Social responsibility in fashion, the underestimated trend
Last week at the Headquarters of the FashionClub70 in Antwerp, our colleagues from Oaklins in Belgium held their second Board of Inspiration. FashionClub70 is one of the most renowned fashion distributors in Europe, representing more than 70 high end brands to more than 1,700 boutiques over the entire Benelux area. A perfect location to discuss the future of fashion and retail with investors, fashion labels and designers, retailers and distributors.
For our Board of Inspiration, we always choose topics which are top of mind for our clients. Together with Oaklins' expertise, we were able to host a colorful evening on the future trends in fashion and retail, interesting for all players in the sector.Frederik Vandepitte, Principal, Oaklins, Belgium
The evening, hosted by Tom Simonts, Senior Financial Economist at KBC Group, started off with a presentation on the hottest topics in the fashion industry by Federico Giammarusto and Sergio Pea, both Partners at Oaklins Italy and fashion experts. The duo has an extensive track record in mergers and acquisitions throughout the fashion and retail sector.
Federico Giammarusto describes the business of fashion as fast-changing and disruptive. Not only does e-commerce jeopardize the retail business, there is a large generational shift. Social media enables challenger brands to reach the market at a fast pace, where incumbent players have rested on their laurels. The pressure towards increasing socially responsible fashion is one of the most underestimated trends at the moment.
Contemporary fashion has invaded the global market. We are expecting a return to the basics of design and tradition. This could drive a further wave of M&A. Accessible fashion has put a lot of pressure on the market, and there’s a size limit on the expansion of entrepreneurial companies.
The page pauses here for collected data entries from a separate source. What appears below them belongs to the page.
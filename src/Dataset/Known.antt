-- ===== src/Dataset/Known.antt =====
-- Why the references of one table are found when cli/commands/data/package.rs imports it.
use snow_cli.Base.{
  arith, subst, Bool-cases, inl, inr, is_some, unwrap_or, text_eq, text_eq_iff, ap, sym, ◌∙◌, Text,
  Option, List, ◌∷◌, [], true, some, none, ◌≡◌, refl, All, All-weaken, All-swap,
}
use snow_cli.Trees.{has, entry_at, add}
use snow_cli.Trees.Laws.{has-add}
use snow_cli.Dataset.Types.{Reference, Marker, ManifestTable, TableRecord, Artifact, Reading}
use snow_cli.Dataset.Tables.{Keys}
use snow_cli.Dataset.Import.{Ids, id_at, marker_in}
use snow_cli.Dataset.Ids.{IsKnown, text_at}
use snow_cli.Dataset.Validate.{source_values}
use snow_cli.Dataset.Remap.{IsCreated, AreCreated}
use snow_cli.Dataset.Resolved.{IsMatched, IsResolved}
use snow_cli.Dataset.Required.{AreRequired}

module _ {N : Type 0} (reading : Reading N) where
  source_values-known :
      (table key value : Text) (names : List Text) (entries : List (TableRecord N)) (ids : Ids)
      → All (λ entry. IsKnown reading table names entry.fields ids) entries
      → has key names ≡ true
      → has value (source_values reading key entries) ≡ true
      → is_some (id_at table key value ids) ≡ true
  source_values-known table key value names [] ids known is_key there = absurd (ground arith)
  source_values-known table key value names (entry ∷ entries) ids known is_key there =
      by_text (text_at reading key entry.fields) refl there
        (source_values-known table key value names entries ids known.1 is_key)
    where
      by_text :
          (o : Option Text)
          → text_at reading key entry.fields ≡ o
          → has value (elim o [
            | none ↦ source_values reading key entries
            | some text ↦ add text (source_values reading key entries)
          ])
            ≡ true
          → (has value (source_values reading key entries) ≡ true
              → is_some (id_at table key value ids) ≡ true)
          → is_some (id_at table key value ids) ≡ true
      by_text none at found again = again found
      by_text (some text) at found again = elim (Bool-cases (text_eq value text)) [
        | inl same ↦
            let equal = (text_eq_iff value text).0 same in
            known.0 key value is_key (at ∙ ap some (sym equal))
        | inr differs ↦
            again (ground (arith, has-add value text (source_values reading key entries)))
      ]

  -- What the tables that are done are for: their records are known.
  abbrev pub AreDone : Keys → List (Text × Artifact N) → List Text → Ids → Type 0
  AreDone required artifacts seen ids =
      (name : Text) (artifact : Artifact N)
      → has name seen ≡ true
      → entry_at name artifacts ≡ some artifact
      → All (λ entry. IsKnown reading name (unwrap_or (entry_at name required) []) entry.fields ids)
          artifact.records

  module _ (required : Keys) (artifacts : List (Text × Artifact N)) (seen : List Text) (ids : Ids)
      (done : AreDone required artifacts seen ids) (table : ManifestTable) (own : Artifact N)
      (is_own : entry_at table.manifest_name artifacts ≡ some own) where
    IsMatched-IsCreated :
        (reference : Reference) (target : Artifact N) (m : Option Marker)
        → has reference.target_table seen ≡ true
        → has reference.source_key (unwrap_or (entry_at reference.target_table required) []) ≡ true
        → entry_at reference.target_table artifacts ≡ some target
        → IsMatched reference (source_values reading reference.source_key target.records) m
        → IsCreated ids m
    IsMatched-IsCreated reference target none before is_key at matched = absurd matched
    IsMatched-IsCreated reference target (some marker) before is_key at matched =
        let known =
          source_values-known reference.target_table reference.source_key marker.source_value
            (unwrap_or (entry_at reference.target_table required) []) target.records ids
            (done reference.target_table target before at) is_key matched.2 in
        ground (
          arith,
          ap (λ t. id_at t marker.marker_source_key marker.source_value ids) matched.0,
          ap (λ k. id_at reference.target_table k marker.source_value ids) matched.1,
        )

    -- The placeholders of one reference are of records that are created.
    reference-IsCreated :
        (reference : Reference)
        → IsResolved reading artifacts table reference
        → has reference.source_key (unwrap_or (entry_at reference.target_table required) []) ≡ true
        → has reference.target_table seen ≡ true
        → All (λ entry. IsCreated ids (marker_in reading reference entry.fields)) own.records
    reference-IsCreated reference (target, found, at_target, at_own, matched) is_key before =
        let same : found ≡ own = ground arith in
        subst
          (λ (a : Artifact N).
            All (λ entry. IsCreated ids (marker_in reading reference entry.fields)) a.records)
          same
          (All-weaken
            (λ entry.
              IsMatched reference (source_values reading reference.source_key target.records)
                (marker_in reading reference entry.fields))
            (λ entry. IsCreated ids (marker_in reading reference entry.fields))
            (λ entry.
              IsMatched-IsCreated reference target (marker_in reading reference entry.fields) before
                is_key at_target)
            found.records matched)

    pub table-AreCreated :
        All (IsResolved reading artifacts table) table.references
        → AreRequired required table.references
        → All (λ reference. has reference.target_table seen ≡ true) table.references
        → All (λ entry. AreCreated reading ids table.references entry.fields) own.records
    table-AreCreated resolved is_required before =
        All-swap
          (λ (reference : Reference) (entry : TableRecord N).
            IsCreated ids (marker_in reading reference entry.fields))
          table.references own.records (each table.references resolved is_required before)
      where
        each :
            (references : List Reference)
            → All (IsResolved reading artifacts table) references
            → AreRequired required references
            → All (λ reference. has reference.target_table seen ≡ true) references
            → All
                (λ reference.
                  All
                    (λ entry. IsCreated ids (marker_in reading reference entry.fields))
                    own.records)
                references
        each [] r k b = tt
        each (reference ∷ references) r k b =
            (reference-IsCreated reference r.0 k.0 b.0, each references r.1 k.1 b.1)
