-- ===== src/Dataset/Complete.antt =====
-- What the import of a package by cli/commands/data/package.rs comes to when the server accepts each
-- record.
use snow_cli.Base.{
  arith, subst, Bool-cases, inl, inr, unwrap_or, length, total, text_eq, text_eq_iff, ap, sym, ◌∙◌,
  ℕ, Text, Option, List, Result, ◌∷◌, [], ◌++◌, ◌+◌, true, some, none, ok, err, ◌≡◌, refl, All,
  All-weaken,
}
use snow_cli.Identifiers.{table_name, TableName, IdentifierError}
use snow_cli.Trees.{has, entry_at}
use snow_cli.Dataset.Order.{Deps}
use snow_cli.Dataset.Edges.{needs}
use snow_cli.Dataset.Left.{ArePlaced}
use snow_cli.Dataset.Types.{
  ManifestTable, Fields, TableRecord, Artifact, Reading, PackageError, invalid_name,
}
use snow_cli.Dataset.Tables.{Keys, deps_of, manifest_node}
use snow_cli.Dataset.Import.{
  Ids, Outcome, Progress, TableResult, import_table, import_tables, import_artifact, import_records,
  start_table,
}
use snow_cli.Dataset.Ids.{Grows, IsKnown}
use snow_cli.Dataset.Remap.{IsReading}
use snow_cli.Dataset.Records.{Accepts, IsImported, import_records-IsImported}
use snow_cli.Dataset.Resolved.{IsResolved}
use snow_cli.Dataset.Files.{table_names, IsRead}
use snow_cli.Dataset.Required.{AreRequired}
use snow_cli.Dataset.Known.{AreDone, table-AreCreated}

-- A table by its name.
abbrev pub All-named : (ManifestTable → Type 0) → Text → Type 0
All-named P name = (table : ManifestTable) × (table.manifest_name ≡ name) × P table

pub All-find :
    (P : ManifestTable → Type 0) (name : Text) (tables : List ManifestTable)
    → has name (table_names tables) ≡ true
    → All P tables
    → All-named P name
All-find P name [] there h = absurd (ground arith)
All-find P name (table ∷ tables) there h = elim (Bool-cases (text_eq name table.manifest_name)) [
  | inl same ↦ (table, sym ((text_eq_iff name table.manifest_name).0 same), h.0)
  | inr differs ↦ All-find P name tables (ground arith) h.1
]

-- The records of an artifact.
abbrev pub size_of : {N : Type 0} → Option (Artifact N) → ℕ
size_of none = 0
size_of (some artifact) = length artifact.records

module _ {N S E : Type 0} (reading : Reading N) (is_reading : IsReading reading)
    (post : Text → Fields N → S → Result E (Fields N) × S) (accepts : Accepts post)
    (read : Text → Option (Artifact N)) (required : Keys) (by_name : List (Text × ManifestTable))
    (artifacts : List (Text × Artifact N)) (deps : Deps) where
  -- A table whose references are resolved, and which depends on their targets.
  abbrev pub IsPrepared : ManifestTable → Type 0
  IsPrepared table =
      (entry_at table.manifest_name by_name ≡ some table)
      × IsRead read artifacts table
      × All (IsResolved reading artifacts table) table.references
      × AreRequired required table.references
      × (entry_at table.manifest_name deps ≡ some (deps_of (manifest_node table)))
      × All (λ reference. has reference.target_table (deps_of (manifest_node table)) ≡ true)
          table.references

  import_table-records :
      (table : ManifestTable) (artifact : Artifact N) (valid : TableName) (progress : Progress S E)
      → entry_at table.manifest_name by_name ≡ some table
      → table_name table.manifest_name ≡ ok valid
      → read table.file ≡ some artifact
      → import_table reading post required read table.manifest_name
          (entry_at table.manifest_name by_name)
          progress
        ≡ import_records reading post required table 0 artifact.records (start_table progress)
  import_table-records table artifact valid progress found named at =
      ap (λ o. import_table reading post required read table.manifest_name o progress) found
      ∙ by_name_of (table_name table.manifest_name) named
      ∙ ap (λ o. import_artifact reading post required read table o progress) at
    where
      by_name_of :
          (r : Result IdentifierError TableName)
          → r ≡ ok valid
          → ◌≡◌ {A = Outcome S E}
              (elim r [
                | err e ↦ (progress, some (invalid_name table.manifest_name))
                | ok name ↦
                    import_artifact reading post required read table (read table.file) progress
              ])
              (import_artifact reading post required read table (read table.file) progress)
      by_name_of (err e) same = absurd (ground arith)
      by_name_of (ok name) same = refl

  -- A table after those that it depends on.
  import_table-IsImported :
      (table : ManifestTable) (seen : List Text) (progress : Progress S E)
      → IsPrepared table
      → AreDone reading required artifacts seen progress.ids
      → ((dep : Text) → needs (entry_at table.manifest_name deps) dep ≡ true → has dep seen ≡ true)
      → (artifact : Artifact N) × (entry_at table.manifest_name artifacts ≡ some artifact)
        × IsImported reading is_reading post accepts required table artifact.records
            (start_table progress)
            (import_table reading post required read table.manifest_name
              (entry_at table.manifest_name by_name)
              progress)
  import_table-IsImported table seen progress
        (found, (artifact, valid, at, named, at_own), resolved, is_required, placed, referred) done
        before =
      let created =
        table-AreCreated reading required artifacts seen progress.ids done table artifact at_own
          resolved is_required
          (All-weaken
            (λ reference. has reference.target_table (deps_of (manifest_node table)) ≡ true)
            (λ reference. has reference.target_table seen ≡ true)
            (λ reference needed.
              before reference.target_table
                (ap (λ o. needs o reference.target_table) placed ∙ needed))
            table.references referred) in
      (
        artifact,
        at_own,
        subst
            (IsImported reading is_reading post accepts required table artifact.records
              (start_table progress))
            (sym (import_table-records table artifact valid progress found named at))
            (import_records-IsImported reading is_reading post accepts required table 0
              artifact.records (start_table progress) created),
      )

  abbrev pub sizes : List Text → ℕ
  sizes = total (λ name. size_of (entry_at name artifacts))

  done-next :
      (seen : List Text) (name : Text) (artifact : Artifact N) (before after : Ids)
      → AreDone reading required artifacts seen before
      → Grows before after
      → entry_at name artifacts ≡ some artifact
      → All
          (λ entry. IsKnown reading name (unwrap_or (entry_at name required) []) entry.fields after)
          artifact.records
      → AreDone reading required artifacts (name ∷ seen) after
  done-next seen name artifact before after done grows at known other found there at_other =
      elim (Bool-cases (text_eq other name)) [
        | inl same ↦
            subst
              (λ n.
                (a : Artifact N)
                → entry_at n artifacts ≡ some a
                → All
                    (λ entry.
                      IsKnown reading n (unwrap_or (entry_at n required) []) entry.fields after)
                    a.records)
              (sym ((text_eq_iff other name).0 same)) own found at_other
        | inr differs ↦
            All-weaken
              (λ (entry : TableRecord N).
                IsKnown reading other (unwrap_or (entry_at other required) []) entry.fields before)
              (λ (entry : TableRecord N).
                IsKnown reading other (unwrap_or (entry_at other required) []) entry.fields after)
              (λ entry known_before key value is_key text.
                grows other key value (known_before key value is_key text))
              found.records (done other found (ground arith) at_other)
      ]
    where
      own :
          (a : Artifact N)
          → entry_at name artifacts ≡ some a
          → All
              (λ entry.
                IsKnown reading name (unwrap_or (entry_at name required) []) entry.fields after)
              a.records
      own a at_name =
          let same : artifact ≡ a = ground arith in
          subst
            (λ (b : Artifact N).
              All
                (λ entry.
                  IsKnown reading name (unwrap_or (entry_at name required) []) entry.fields after)
                b.records)
            same known

  -- How the loop over the tables ends.
  abbrev pub Ends : List Text → Progress S E → List (TableResult E) × Outcome S E → Type 0
  Ends order progress out =
      (out.1.1 ≡ none)
      × (out.1.0.failed_total ≡ progress.failed_total)
      × (out.1.0.created_total ≡ progress.created_total + sizes order)

  pub import_tables-Ends :
      (tables : List ManifestTable)
      → All IsPrepared tables
      → (order seen : List Text) (results : List (TableResult E)) (progress : Progress S E)
      → ((name : Text) → has name order ≡ true → has name (table_names tables) ≡ true)
      → ArePlaced deps seen order
      → AreDone reading required artifacts seen progress.ids
      → Ends order progress
          (import_tables reading post required read by_name order results progress)
  import_tables-Ends tables prepared [] seen results progress named placed done =
      (refl, refl, ground arith)
  import_tables-Ends tables prepared (name ∷ order) seen results progress named placed done =
      let (table, same, is_prepared) =
        All-find IsPrepared name tables (named name (ground (arith, text_eq_iff name name)))
          prepared in
      subst
        (λ n.
          ArePlaced deps seen (n ∷ order)
          → Ends (n ∷ order) progress
              (import_tables reading post required read by_name (n ∷ order) results progress))
        same
        (λ placed_table.
          let own = table.manifest_name in
          let (artifact, at_own, (is_none, grows, created, failed, known)) =
            import_table-IsImported table seen progress is_prepared done placed_table.0 in
          let outcome =
            import_table reading post required read own (entry_at own by_name) progress in
          let more =
            results
            ++ record {
              result_table = own;
              result_created = outcome.0.created;
              result_failures = outcome.0.failures;
            }
              ∷ [] in
          let (rest_none, rest_failed, rest_created) =
            import_tables-Ends tables prepared order (own ∷ seen) more outcome.0
              (λ other found. named other (ground arith)) placed_table.1
              (done-next seen own artifact progress.ids outcome.0.ids done grows at_own known) in
          subst
            (λ (o : Option PackageError). Ends (own ∷ order) progress (elim o [
              | some e ↦ (results, outcome)
              | none ↦ import_tables reading post required read by_name order more outcome.0
            ]))
            (sym is_none)
            (rest_none, ground (arith, failed), ground (arith, created, ap size_of at_own)))
        placed
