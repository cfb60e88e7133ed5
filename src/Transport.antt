-- ===== src/Transport.antt =====
-- client/transport.rs: an authenticated request with its retry, and client/session.rs: what a response
-- changes in the session. The authenticator, reqwest and the clock are parameters, as are the `url`
-- crate and the JSON and date parsers.
pub mod Runs
pub mod Laws
pub mod Drafts
pub mod Requests
mod Tests
use snow_cli.Base.{
  or_else, if◌then◌else◌, ◌==◌, suc, zero, none, some, ltb, leb, codes, Bool, ℕ, ok, Text, Result,
  Option, List, [], ◌&&◌, ◌++◌, ◌∷◌, err, ◌≡◌,
}
use snow_cli.Policy.{
  ExecutionPolicy, PolicyError, Method, ensure_request_allowed, ensure_raw_api_headers_allowed,
}
use snow_cli.Origin.{UrlCrate, UrlError, resolve_authenticated_url}
use snow_cli.Cookies.{Headers, merge_cookie_header, extract_jsessionid_from_headers}
use snow_cli.ApiError.{ApiError, from_status}
use snow_cli.Json.{Value}
use snow_cli.Table.{Params}

-- `SessionState` of client/core.rs; a form session is its token.
pub record SessionState : Type 0 where
  pub jsessionid : Option Text
  pub form_cookie_header : Option Text
  pub native_form_bootstrapped : Bool
  pub form_session : Option Text

-- What a request is built from, the headers in the order in which they are given to the builder.
pub record Draft : Type 0 where
  pub method : Method
  pub url : Text
  pub headers : List (Text × Text)
  pub params : Params
  pub body : Option Text

pub record Response : Type 0 where
  pub status : ℕ
  pub response_headers : Headers
  pub content : Option Text

-- What the client uses of the world, whose state is `S`: the authenticator, the HTTP client, the
-- clock. `E` is an error of theirs, and `Q` a built request.
pub record World (S E Q : Type 0) : Type 0 where
  pub authenticate : S → Result E (List (Text × Text)) × S
  pub refresh : S → Result E Bool × S
  pub observe_response_headers : Headers → S → Result E (Unit {0}) × S
  pub has_native_session : S → Bool
  pub build : Draft → Result E Q
  pub execute : Q → S → Result E Response × S
  pub now : S → ℕ

pub data ClientError (E : Type 0) : Type 0 where
  denied : PolicyError → ClientError E
  refused_url : UrlError → ClientError E
  authentication : E → ClientError E
  transport : E → ClientError E
  api : ApiError → ClientError E

-- What happened, in order: a request was sent, a response came with its status, the credentials were
-- refreshed or could not be.
pub data Event : Type 0 where
  sent : Draft → Event
  answered : (status : ℕ) → Event
  refreshed : Bool → Event

-- `SnowClient`, with the state of the world and the events so far.
pub record Client (S : Type 0) : Type 0 where
  pub base_url : Text
  pub policy : ExecutionPolicy
  pub session : SessionState
  pub world : S
  pub events : List Event

-- A computation that may change the client and fail.
abbrev pub Action : Type 0 → Type 0 → Type 0 → Type 0
Action S E A = Client S → Result (ClientError E) A × Client S

-- What follows a result.
abbrev pub resume :
    {S E A B : Type 0}
    → (A → Action S E B)
    → Result (ClientError E) A
    → Client S
    → Result (ClientError E) B × Client S
resume next (err e) client = (err e, client)
resume next (ok a) client = next a client

infixl 5 ◌>>=◌
unfoldable pub ◌>>=◌ : {S E A B : Type 0} → Action S E A → (A → Action S E B) → Action S E B
(action >>= next) client = resume next (action client).0 (action client).1

module _ {S E : Type 0} where
  abbrev pub return : {A : Type 0} → A → Action S E A
  return a client = (ok a, client)

  abbrev pub fail : {A : Type 0} → ClientError E → Action S E A
  fail e client = (err e, client)

  -- A call into the world, whose error is wrapped.
  abbrev pub call : {A : Type 0} → (E → ClientError E) → (S → Result E A × S) → Action S E A
  call wrap operation client =
      let (result, world) = operation client.world in
      (
        elim result [ err e ↦ err (wrap e) | ok a ↦ ok a ],
        record {
          base_url = client.base_url;
          policy = client.policy;
          session = client.session;
          world = world;
          events = client.events;
        },
      )

  abbrev pub log : Event → Action S E (Unit {0})
  log event client = (
    ok tt,
    record {
      base_url = client.base_url;
      policy = client.policy;
      session = client.session;
      world = client.world;
      events = client.events ++ event ∷ [];
    },
  )

abbrev pub is_success : ℕ → Bool
is_success status = leb 200 status && ltb status 300

-- MAX_AUTH_RETRIES
abbrev pub max_auth_retries : ℕ
max_auth_retries = 1

-- What a request's drafts have besides the headers of the authenticator.
abbrev pub with_auth : Draft → List (Text × Text) → List (Text × Text) → Draft
with_auth draft auth_headers extra_headers = record {
  method = draft.method;
  url = draft.url;
  headers =
      (codes "Accept", codes "application/json")
      ∷ (codes "Content-Type", codes "application/json")
      ∷ (auth_headers ++ extra_headers);
  params = draft.params;
  body = draft.body;
}

module _ {S E Q U N : Type 0} (world : World S E Q) (crate : UrlCrate U)
    (parse_json : Text → Option (Value N)) (parse_http_date : Text → Option ℕ) where
  -- The session after the headers of a response, where the authenticator holds no native session.
  unfoldable pub observed : ℕ → Headers → SessionState → SessionState
  observed now headers session = record {
    jsessionid = or_else (extract_jsessionid_from_headers headers) session.jsessionid;
    form_cookie_header = elim session.form_cookie_header [
      | none ↦ none
      | some cookies ↦ some (merge_cookie_header parse_http_date now cookies headers)
    ];
    native_form_bootstrapped = session.native_form_bootstrapped;
    form_session = session.form_session;
  }

  unfoldable pub observe_session : Headers → Action S E (Unit {0})
  observe_session headers client = (
    ok tt,
    record {
      base_url = client.base_url;
      policy = client.policy;
      session =
          if world.has_native_session client.world
          then client.session
          else observed (world.now client.world) headers client.session;
      world = client.world;
      events = client.events;
    },
  )

  -- `SnowClient::observe_session_response_headers`
  unfoldable pub observe_session_response_headers : Headers → Action S E (Unit {0})
  observe_session_response_headers headers =
      call transport (world.observe_response_headers headers) >>= λ _. observe_session headers

  -- The end of the loop's body: a status of success, or an error made of the body.
  unfoldable pub conclude : Text → Response → Result (ClientError E) Response
  conclude base_url response =
      if is_success response.status
      then ok response
      else err (api (from_status parse_json response.status base_url response.content))

  -- The loop's body up to the response's status.
  unfoldable pub send : Draft → List (Text × Text) → Action S E Response
  send draft extra_headers = do
    auth_headers ← call authentication world.authenticate
    request ← λ client. (
      elim (world.build (with_auth draft auth_headers extra_headers)) [
        | err e ↦ err (transport e)
        | ok request ↦ ok request
      ],
      client,
    )
    _ ← log (sent (with_auth draft auth_headers extra_headers))
    response ← call transport (world.execute request)
    _ ← log (answered response.status)
    _ ← observe_session_response_headers response.response_headers
    return response

  unfoldable pub finish : Response → Action S E Response
  finish response client = (conclude client.base_url response, client)

  -- What follows a refused authentication with a retry left: `again` is the loop's next pass.
  unfoldable pub renew : Action S E Response → Response → Bool → Action S E Response
  renew again response renewed =
      log (refreshed renewed) >>= λ _. if renewed then again else finish response

  unfoldable pub settle : Action S E Response → Response → Action S E Response
  settle again response =
      if response.status == 401
      then call authentication world.refresh >>= renew again response
      else finish response

  -- The loop, by the number of retries that are left.
  unfoldable pub attempts : ℕ → Draft → List (Text × Text) → Action S E Response
  attempts zero draft extra_headers = send draft extra_headers >>= finish
  attempts (suc left) draft extra_headers =
      send draft extra_headers >>= settle (attempts left draft extra_headers)

  -- `SnowClient::authorize_instance_request`
  unfoldable pub authorize_instance_request : Method → Text → Client S → Result (ClientError E) Text
  authorize_instance_request method path client =
      elim (ensure_request_allowed client.policy method path) [
        | err e ↦ err (denied e)
        | ok _ ↦ elim (resolve_authenticated_url crate client.base_url path) [
          | err e ↦ err (refused_url e)
          | ok url ↦ ok url
        ]
      ]

  unfoldable pub request_inner :
      Method → Text → Option Text → Params → List (Text × Text) → Action S E Response
  request_inner method path body params extra_headers =
      (λ client. (authorize_instance_request method path client, client)) >>= λ url.
      attempts max_auth_retries
        (record { method = method; url = url; headers = []; params = params; body = body })
        extra_headers

  unfoldable pub request_with_headers :
      Method → Text → Option Text → Params → List (Text × Text) → Action S E Response
  request_with_headers method path body params extra_headers =
      (λ client. (
        elim (ensure_raw_api_headers_allowed client.policy method extra_headers) [
          | err e ↦ err (denied e)
          | ok _ ↦ ok tt
        ],
        client,
      ))
      >>= λ _. request_inner method path body params extra_headers

  unfoldable pub request : Method → Text → Option Text → Params → Action S E Response
  request method path body params = request_inner method path body params []

  -- `SnowClient::get` and its siblings
  unfoldable pub get : Text → Action S E Response
  get path = request (codes "GET") path none []

  unfoldable pub get_with_params : Text → Params → Action S E Response
  get_with_params path params = request (codes "GET") path none params

  unfoldable pub post : Text → Text → Action S E Response
  post path body = request (codes "POST") path (some body) []

  unfoldable pub put : Text → Text → Action S E Response
  put path body = request (codes "PUT") path (some body) []

  unfoldable pub patch : Text → Text → Action S E Response
  patch path body = request (codes "PATCH") path (some body) []

  unfoldable pub delete : Text → Action S E Response
  delete path = request (codes "DELETE") path none []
M&A could be the only way to enlarge a business.FEDERICO GIAMMARUSTO, OAKLINS CONTEMPORARY & ACCESSIBLE FASHION M&A ADVISOR
Sergio Pea explains: “There are different ways to look at the fashion business and investments. Brands can be divided into three big groups: we have known brands that have to be relaunched and are in need of an enormous CapEx on management, communication and sales channels. Then there are companies with a very limited international presence, where it's too difficult to convince the owner to adapt to a completely different business structure. Finally, there are, what we call, hypergrowth companies. They have an immense potential but at a great cost. It is always important to find the right balance between scale and cost.”
Matthieu Develey, Investment Director at the London-based independent private equity fund, Bluegem agrees that fashion and retail remain busy sectors for private equity but adds that there is not one magic key to success. However, over the years, he could identify some clear landmarks and misses: “Appealing brands with a strong heritage, a unique and superior product and a loyal and diverse consumer base, including an innovative, future-proof retail concept are often the most successful to invest in,” he states.
But how do fashion brands and designers themselves approach the trends in fashion and retail nowadays?
During a lively conversation with Peter Perquy, CEO of the Belgian fashion brand, Terre Bleu, and Nicolas Lavigna, co-founder of Norm shoes, agreed on the trends mentioned by the previous speakers. Peter Perquy explained: “The main difficulty for us is to predict our consumers. To remain relevant, we need to be ahead of what the consumer wants in a year or even two years, not tomorrow. Therefore, you need a perfect team.”
As a starting shoe brand, Norm shoes focuses on transparency and sustainability. “We focus on a hybrid model, a concept store and website. These will remain our main operational and financial challenges, for the coming years.” Peter Perquy adds: “Internet and social media are crucial. Although we prefer to use different channels, we need to be very wary of channel conflicts. E-commerce is a large opportunity, but it is also a risk since it takes money.”
Finding investment money is a challenge for both companies. “As an established brand, it is difficult to change the investor’s perception of what the brand used to be. You have to invest a lot to reposition an old fashion icon into a new dynamic brand and to convince the investor” says Peter Perquy. Norm raised in a first period €60,000 by crowdfunding just to start the brand, but it is now facing the challenge of needing new investments to further develop their brand.” According to Peter Perquy, who has quite some experience in acquisitions, the key pitfall in M&A is to successfully integrate different companies. It is very difficult to make people think in the same way and make them march into the same direction together.”
The evening ended with an exquisite walking dinner by chef Julien Limbach and a networking occasion for the selected invitees. Oaklins will build further on this successful formula and work towards the third edition of Board of Inspiration in the first quarter of 2020.